Person 1: You know, I also have killed a lion. 

Person 2: How many shots did you need? 

Person 1: I used my hands.


----------



## boltmaster (Aug 16, 2011)

fishin' soldier said:


> person 1: You know, i also have killed a lion.
> 
> Person 2: How many shots did you need?
> 
> Person 1: I used my hands.


the ghost and the darkness

"i only have one rule everyone fights and nobody quits.....or i will shoot you myself"


----------



## spurgersalty (Jun 29, 2010)

boltmaster said:


> the ghost and the darkness
> 
> "i only have one rule everyone fights and nobody quits.....or i will shoot you myself"


Starship Troopers


----------



## GooseCommanderozz (Feb 17, 2012)

Category5 said:


> European or African?


I don't know that! Aghhh!


----------



## Bob Keyes (Mar 16, 2011)

GooseCommanderozz said:


> New quote: "What is the airspeed velocity of an unladen swallow?"

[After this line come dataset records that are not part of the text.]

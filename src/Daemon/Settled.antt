-- ===== src/Daemon/Settled.antt =====
-- src/simplecc/simplecc_daemon.rs: the replies of a whole run of the daemon, whatever its tasks do in
-- between.
use simplecc.Base.{ℕ, suc, zero, ◌≤◌, ◌≡◌, refl, String, List, Result, nat_key, arith}
use simplecc.Daemon.Request.{Request, request_id}
use simplecc.Daemon.Answered.{Kind, never, always, unless_newer}
use simplecc.Daemon.Handle.{Readers}
use simplecc.Daemon.Paths.{reply_kind}
use simplecc.Daemon.Serve.{Slot, absent, running, finished, aborted, Entry, started, Turn, turns}
use simplecc.Daemon.Due.{replies, WithId, AtMost, AtEnd, Fair, Due-AtMost}
use simplecc.Daemon.Kept.{turns-Settled, started-Settled}

-- What is known of the replies of the `n`th request, by what has become of it.
abbrev pub IsSettled : Kind → ℕ → Type 0
IsSettled never c = c ≡ 0
IsSettled always c = c ≡ 1
IsSettled unless_newer c = c ≤ 1

abbrev pub Replied : ℕ → List Entry → Slot → Type 0
Replied n log absent = replies n log ≡ 0
Replied n log (running p req h) = (replies n log ≤ 1) × WithId n (request_id req) log
Replied n log (finished p req) =
    IsSettled (reply_kind req) (replies n log) × WithId n (request_id req) log
Replied n log (aborted p req) = (replies n log ≤ 1) × WithId n (request_id req) log

at_most : (kind : Kind) (c : ℕ) → AtMost kind c → c ≤ 1
at_most kind zero h = omega arith
at_most kind (suc zero) h = omega arith
at_most kind (suc (suc c)) h = absurd h

at_end : (kind : Kind) (c : ℕ) → AtEnd kind c → IsSettled kind c
at_end never zero h = refl
at_end never (suc zero) h = absurd h
at_end never (suc (suc c)) h = absurd h
at_end always zero h = absurd h
at_end always (suc zero) h = refl
at_end always (suc (suc c)) h = absurd h
at_end unless_newer zero h = omega arith
at_end unless_newer (suc zero) h = omega arith
at_end unless_newer (suc (suc c)) h = absurd h

Fair-Replied : (n : ℕ) (log : List Entry) (s : Slot) → Fair n log s → Replied n log s
Fair-Replied n log absent fair = fair.0
Fair-Replied n log (running p req h) fair =
    (at_most (reply_kind req) (replies n log) (Due-AtMost _ _ (replies n log) h fair.0), fair.1)
Fair-Replied n log (finished p req) fair = (at_end (reply_kind req) (replies n log) fair.0, fair.1)
Fair-Replied n log (aborted p req) fair = (at_most (reply_kind req) (replies n log) fair.0, fair.1)

-- Whatever lines come and in whatever order the tasks go on, are aborted or stall: a request sends
-- at most one event, with its own id. Once its handler has finished it has sent exactly one, but for
-- the notifications, which send none, and for the requests that a newer one may supersede or whose
-- report may not have changed, which send one or none.
pub turns-Replied :
    (r : Readers) (from_str : String → Result Request) (ts : List Turn) (n : ℕ)
    → Replied n (turns r from_str ts started).log ((turns r from_str ts started).slots n)
turns-Replied r from_str ts n =
    let settled = turns-Settled r from_str ts started started-Settled in
    let d = turns r from_str ts started in Fair-Replied n d.log (d.slots n) (settled.fair n)
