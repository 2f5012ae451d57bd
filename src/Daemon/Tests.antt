-- ===== src/Daemon/Tests.antt =====
-- Short runs of src/simplecc/simplecc_daemon.rs.
use simplecc.Base.{
  ℕ, ◌≡◌, refl, String, true, false, none, some, List, [], ◌∷◌, ◌++◌, ap, Result, ok, err, ◌==◌,
  nat_key, string_key, if◌then◌else◌, arith,
}
use simplecc.Base.Assoc.{lookup}
use simplecc.Json.{null}
use simplecc.Config.{pos}
use simplecc.Registry.{World, clients_for_filetype, live_of, active_clients}
use simplecc.Events.{send}
use simplecc.Daemon.Request.{Request, is_lifecycle_barrier, preserves_document_order, is_install}
use simplecc.Daemon.Handler.{Call, Reply, Op, Answer, for_each, primary_client_or_error}
use simplecc.Daemon.Lifecycle.{handle_shutdown}
use simplecc.Daemon.Lookups.{handle_hover}
use simplecc.Daemon.Documents.{
  handle_did_open, handle_did_change, handle_did_close, handle_did_save,
}
use simplecc.Daemon.FileRename.{identity_of, handle_file_rename}
use simplecc.Daemon.Due.{replies}
use simplecc.Daemon.Settled.{Replied, turns-Replied}
use simplecc.Daemon.Acts.{Until, placed, is_barrier}
use simplecc.Daemon.Order.{turns-InOrder, turns-Barred}
use simplecc.Daemon.Calls.{calls_of, to_each, document_clients, documents_reach}
use simplecc.Daemon.Renames.{AllPermitted, file_rename-AllPermitted}
use simplecc.Daemon.Handle.{Readers, handle_request}
use simplecc.Daemon.Shared.{Shared, Outside, exec}
use simplecc.Daemon.Serve.{
  Turn, Line, in_order, request_task, finished, started, place_of, accept, read_line, go_on, turn,
  turns,
}

-- A client that answers nothing but its registration for renamings.
abbrev mute : ℕ → (c : Call) → Reply c
mute c (Call.matches_file_rename old directory will) = true
mute c _ = err "closed"

abbrev world : World
world = record {
  alive = λ c. true;
  resolved = none;
  julia_installed = false;
  event_taken = true;
  launchable = false;
  started = none;
}

abbrev outside : Outside
outside = record {
  world = world;
  replies = mute;
  loads = err "none";
  reload = record {
    alive = λ c. true;
    parsed = λ s. err "none";
    selected = λ o. err "none";
    notified = λ c. ok tt;
  };
  watcher_starts = false;
  watches = false;
  installs = err "none";
  installable = null;
}

abbrev readers : Readers
readers = record { address = λ c. "7f"; call_item = λ j. ok j; type_item = λ j. ok j }

abbrev from_str : String → Result Request
from_str s =
    if s == "shutdown"
    then ok (Request.shutdown 5)
    else if s == "hover"
    then ok (Request.hover 6 "file:///a.c" "c" 1 2)
    else err "unknown"

abbrev own : ℕ → Turn
own n = Turn.run outside true n

-- A hover is read, and then a shutdown, which ends it.
abbrev two_requests : List Turn
two_requests =
    Turn.read true (Line.line "hover")
    ∷ own 0
    ∷ Turn.read true (Line.line "shutdown")
    ∷ own 0
    ∷ own 1
    ∷ own 1
    ∷ own 1
    ∷ own 1
    ∷ own 1
    ∷ []

turns-Replied_example :
    Replied 1
      (turns readers from_str two_requests started).log
      ((turns readers from_str two_requests started).slots 1)
turns-Replied_example = turns-Replied readers from_str two_requests 1

shut_down :
    (turns readers from_str two_requests started).slots 1 ≡ finished in_order (Request.shutdown 5)
unfolding turns turn read_line accept place_of is_lifecycle_barrier preserves_document_order
    is_install go_on handle_request handle_shutdown for_each exec send handle_hover
    primary_client_or_error
shut_down = refl

one_reply : replies 1 (turns readers from_str two_requests started).log ≡ 1
unfolding turns turn read_line accept place_of is_lifecycle_barrier preserves_document_order
    is_install go_on handle_request handle_shutdown for_each exec send handle_hover
    primary_client_or_error
one_reply = refl

shutdown_placed : placed ((turns readers from_str two_requests started).slots 1) ≡ some in_order
shutdown_placed = ap placed shut_down

hover_placed : placed ((turns readers from_str two_requests started).slots 0) ≡ some request_task
unfolding turns turn read_line accept place_of is_lifecycle_barrier preserves_document_order
    is_install go_on handle_request handle_shutdown for_each exec send handle_hover
    primary_client_or_error
hover_placed = refl

shutdown_bars : is_barrier ((turns readers from_str two_requests started).slots 1) ≡ true
unfolding is_lifecycle_barrier
shutdown_bars = ap is_barrier shut_down

turns-InOrder_example : Until 2 1 (turns readers from_str two_requests started).log
turns-InOrder_example = turns-InOrder readers from_str two_requests 1 shutdown_placed

turns-Barred_example : Until 1 0 (turns readers from_str two_requests started).log
turns-Barred_example =
    turns-Barred readers from_str two_requests 1 0 shutdown_bars (omega arith) hover_placed

-- Two clients run, one of them for C.
abbrev shared : Shared
shared = record {
  registry = some (record {
    config = [];
    clients = ("clangd", 3) ∷ ("rust-analyzer", 4) ∷ [];
    ft_map = ("c", "clangd" ∷ []) ∷ [];
    remote = false;
  });
  watcher = none;
  uri_ft = ("file:///a.c", "c") ∷ [];
}

abbrev answers : (o : Op) → Answer o
answers o = (exec outside shared o).0

documents_reach_example :
    (calls_of answers (handle_did_open "file:///a.c" "c" (pos 1) "int x;")
      ≡ to_each (answers (Op.open_server "c")) (Call.did_open "file:///a.c" "c" (pos 1) "int x;"))
    × (calls_of answers (handle_did_change "file:///a.c" (pos 1) none none)
        ≡ to_each
            (document_clients answers (answers (Op.filetype_of "file:///a.c")))
            (Call.did_change "file:///a.c" (pos 1) none none))
    × (calls_of answers (handle_did_close "file:///a.c")
        ≡ to_each
            (document_clients answers (answers (Op.untrack "file:///a.c")))
            (Call.did_close "file:///a.c"))
    × (calls_of answers (handle_did_save "file:///a.c" none)
        ≡ to_each
            (document_clients answers (answers (Op.filetype_of "file:///a.c")))
            (Call.did_save "file:///a.c" none)
          ++ to_each (answers Op.active_clients) (Call.did_change_watched_file "file:///a.c"))
documents_reach_example = documents_reach answers "file:///a.c" "c" (pos 1) "int x;" none none

saved :
    calls_of answers (handle_did_save "file:///a.c" none)
    ≡ (3, Call.did_save "file:///a.c" none)
      ∷ (3, Call.did_change_watched_file "file:///a.c")
      ∷ (4, Call.did_change_watched_file "file:///a.c")
      ∷ []
unfolding handle_did_save for_each exec lookup clients_for_filetype live_of active_clients
saved = refl

file_rename-AllPermitted_example :
    AllPermitted answers
      (record { id = 9; old = "a.c"; new = "b.c"; directory = false; phase = "prepare" })
      ""
      (identity_of (λ c. "7f") (answers Op.active_clients))
      (calls_of answers (handle_file_rename (λ c. "7f") 9 "a.c" "b.c" false "prepare" ""))
file_rename-AllPermitted_example =
    file_rename-AllPermitted answers (λ c. "7f") 9 "a.c" "b.c" false "prepare" ""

Monte python and the holy grail


----------



## Bob Keyes (Mar 16, 2011)

GooseCommanderozz said:


> Star Wars 4, A New Hope


Nope Maggies drawers


----------



## Bob Keyes (Mar 16, 2011)

Bob Keyes said:


> Nope Maggies drawers


Out of kindness another quote
"......I thought it was a metaphor"


----------



## James Howell (May 21, 2004)

Lonesome Dove.


rio frio said:


> I only want a little


----------



## boltmaster (Aug 16, 2011)

Officer says
"......i wonder if this how custer felt......"

other says

" custer was a wussy...you ain't......"


----------



## DA REEL DADDY (Jun 7, 2005)

boltmaster said:


> officer says
> "......i wonder if this how custer felt......"
> 
> other says
> ...


we were soldiers!


----------



## rio frio (Jan 12, 2005)

Correct james howell


----------



## fishingwithhardheadkings (Oct 10, 2012)

jesco said:


> Alright let me give this a shot. (Australian accent) " I've never killed anyone who didn't deserve it."


bridesmaids


----------



## James Howell (May 21, 2004)

"Hell of a thing, killing a man. You take all he's got, and all he's ever gonna have."


----------



## PBD539 (May 4, 2010)

james howell said:


> "hell of a thing, killing a man. You take all he's got, and all he's ever gonna have."


unforgiven


----------



## PBD539 (May 4, 2010)

"My god. A giant dolphin with rabies."


----------



## Category6 (Nov 21, 2007)

1) "I want you to hit me as hard as you can"

2) "Mind if I have some of your tasty beverage to wash this down with?"

3) "Yes, but there's just something about him. Something around the eyes, I don't know, reminds me of... me. No. I'm sure of it, I hate him."

4) "The frost...sometimes it makes the blade stick"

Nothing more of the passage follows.